Eisende partij vordert wegens het niet toelaten van haar personeel tot het terugnemen van het huurtoestel een boete van € 200,00. Gedaagde partij betwist dat zij het personeel niet heeft toegelaten en zelf helemaal geen kennisgeving heeft ontvangen dat het toestel teruggenomen zou worden. De kantonrechter stelt vast dat eisende partij weliswaar stelt de brief van 22 augustus 2016 aangetekend verstuurd te hebben, maar dat gedaagde partij deze brief ook daadwerkelijk heeft ontvangen blijkt nergens uit. Nu de kantonrechter niet kan vaststellen dat gedaagde partij het personeel van eisende partij niet heeft toegelaten om het huurtoestel te verwijderen dient de gevorderde boete ad € 200,00, die eisende partij grondt op het niet toelaten van haar personeel, te worden afgewezen.
4.5.
Eisende partij maakt aanspraak op de vergoeding van buitengerechtelijke incassokosten. De kantonrechter stelt vast dat het Besluit vergoeding voor buitengerechtelijke incassokosten (hierna: het Besluit) van toepassing is nu het verzuim op/na 1 juli 2012 is ingetreden.

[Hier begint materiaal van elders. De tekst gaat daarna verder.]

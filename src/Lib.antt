-- ===== src/Lib.antt =====
-- A model of parts of npupnp, a UPnP library in C++, and the theorems that make them correct.
--
-- Parts, and the file or folder that models each (paths are from the repository's root):
--   Timer          src/threadutil/TimerThread.cpp: the queue of timed events, and its thread.
--   ThreadPool     src/threadutil/ThreadPool.cpp: job queues with priorities, worker threads.
--   Uri            src/utils/uri.cpp, upnp_strlcpy of src/utils/genut.cpp and query_encode of
--                  src/utils/httputils.cpp: characters, escapes, host and port, dot segments,
--                  parse_uri, resolve_rel_url.
--   HttpUtils      src/utils/httputils.cpp, src/utils/statcodes.cpp and src/utils/genut.cpp: header
--                  maps, the tables of methods, headers and codes, and the quoting of XML.
--   NetIf          src/utils/netif.cpp: addresses, interfaces, and which interface serves an address.
--   SsdpParser     src/ssdp/ssdpparser.cpp: the headers of an SSDP packet.
--   Ssdp           src/ssdp/ssdp_server.cpp and src/ssdp/ssdp_device.cpp: which messages are taken, the
--                  devices that a search reaches, and the packets for each. Ctrlpt is
--                  src/ssdp/ssdp_ctrlpt.cpp: what a control point is told, and its searches, which
--                  are events of the timer.
--   WebServer      src/webserver/webserver.cpp: virtual directories, local documents, and from a
--                  request to the source, the range and the headers of its answer.
--   Dispatcher     src/dispatcher/miniserver.cpp: a request's headers and body, the check of its HOST,
--                  and the service that it goes to; the search for a port.
--   ServiceTable   src/gena/service_table.cpp: services and their subscriptions.
--   Handles        the table of handles of src/api/upnpapi.cpp.
--   GenaDevice     src/gena/gena_device.cpp: the subscription requests of control points, the
--                  callback URLs, the event queues and the notification jobs; the dispatch on
--                  the method, src/gena/gena_callback2.cpp.
--   GenaClient     src/gena/gena_ctrlpt.cpp: a control point's subscriptions, their renewal by the
--                  timer, and the notifications.
--   Common         shared names, lists, texts and integers; Tests has witnesses and test data.
--
-- How they interact: a handle of a device holds a service table; the GENA handlers find the
-- service by the path of the request, parsed by Uri, and read and write its subscriptions. An
-- event goes to the queue of each subscription, and the one in front of a queue to the thread
-- pool; the job that is done hands over the next one. The pool is an argument of that code (a
-- state and `add_job`). The timer thread hands its jobs to the pool too: here they are the list
-- of its actions. A control point's renewals are events of that timer. The dispatcher gives a
-- request to the web server, to SOAP or to GENA; it and Ssdp ask NetIf for the interface of a HOST,
-- parsed by Uri, and the web server names a file by the path that Uri has cleaned.
--
-- Correspondence: names are those of the source in snake case. A struct is a record, a
-- std::string or a C string the list of its bytes, a std::list or a std::deque a list, a pointer
-- into a table a position or a SID. A function that runs under a lock is one function from state
-- to state; a thread that gives the lock up is cut there, and theorems over all orders of these
-- sections are about a function `step`. The clock and the transfer are arguments. Where the
-- source returns an error code, the result is an Option, a sum or the code itself. `int` is ℕ
-- where the source never makes it negative and ℤ elsewhere; the port, the event key and the
-- timeout of a request wrap as in the source.
--
-- Fuel: the loop over dot segments, the callback list and the SSDP headers each run on the size
-- of the text and one more, since a round takes at least one byte; `bumpPriority` on twice the
-- number of low jobs and the number of medium ones, since a job only goes up; `addWorker` on the
-- number of jobs and three, since it ends once there are more threads than jobs.
--
-- The loop over the devices for a search runs on the size of the table; the loop that ends all
-- subscriptions on their number and one, since each round takes one away.
--
-- Parameters: getaddrinfo, inet_pton, inet_ntop, stat and fopen, bind, maybeScopeUrlAddr, libcurl, the
-- callbacks of virtual directories and of the client program, the XML parser, parseHTTPRanges and
-- trimstring of smallut, the texts of dates and of the host system, the transfer of an event, the
-- text of a new SID, the handler of NOTIFY, the system's answer to SetPolicyType, and what other
-- threads do while a call on the network has given up the lock (`between`).
--
-- Not modelled: the sockets, the select loop and the start and stop of the server, microhttpd's
-- reading of data, XML and the code that builds on it (src/soap, descriptions),
-- the registration calls of src/api/upnpapi.cpp, the system calls behind the list of
-- interfaces, and the copies of other libraries (MD5, picoxml, expatmm, smallut). In the thread
-- pool, getStats and getAttr, and what other threads do while createWorker waits for its new
-- thread.
pub mod Common
pub mod ThreadPool
pub mod Timer
pub mod Uri
pub mod HttpUtils
pub mod ServiceTable
pub mod Handles
pub mod GenaDevice
pub mod SsdpParser
pub mod NetIf
pub mod Ssdp
pub mod GenaClient
pub mod Dispatcher
pub mod WebServer
pub mod Tests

Nu een substantieel deel van de gevorderde hoofdsom wordt afgewezen is het naar maatstaven van redelijkheid en billijkheid onaanvaardbaar (in de zin van artikel 6:2 BW) om het toepasselijke wettelijke tarief te bepalen aan de hand van de gevorderde hoofdsom. De kantonrechter zal de buitengerechtelijke kosten dan ook toewijzen tot het wettelijke tarief dat hoort bij het aan hoofdsom toegewezen bedrag.
4.6.
Gedaagde partij zal als de in het ongelijk gestelde partij worden veroordeeld in de kosten van deze procedure. De kosten aan de zijde van eisende partij worden begroot op:
  • dagvaarding € 80,77
  • griffierecht 117,00
  • salaris gemachtigde
totaal € 317,77
4.7.
De kantonrechter zal dit vonnis tot zover uitvoerbaar bij voorraad verklaren.

5.De beslissing

De kantonrechter
5.1.
veroordeelt gedaagde partij om tegen behoorlijk bewijs van kwijting aan eisende partij te betalen een bedrag van € 262,24, vermeerderd met de wettelijke rente over € 222,42 vanaf de respectievelijk factuurvervaldatum tot aan de voldoening,
5.2.
veroordeelt gedaagde partij in de proceskosten aan de zijde van eisende partij gevallen en tot op heden begroot op € 317,77,
5.3.
verklaart dit vonnis tot zover uitvoerbaar bij voorraad,
5.4.
wijst het meer of anders gevorderde af.
Dit vonnis is gewezen door mr. A.H.M.J.F. Piëtte en in het openbaar uitgesproken.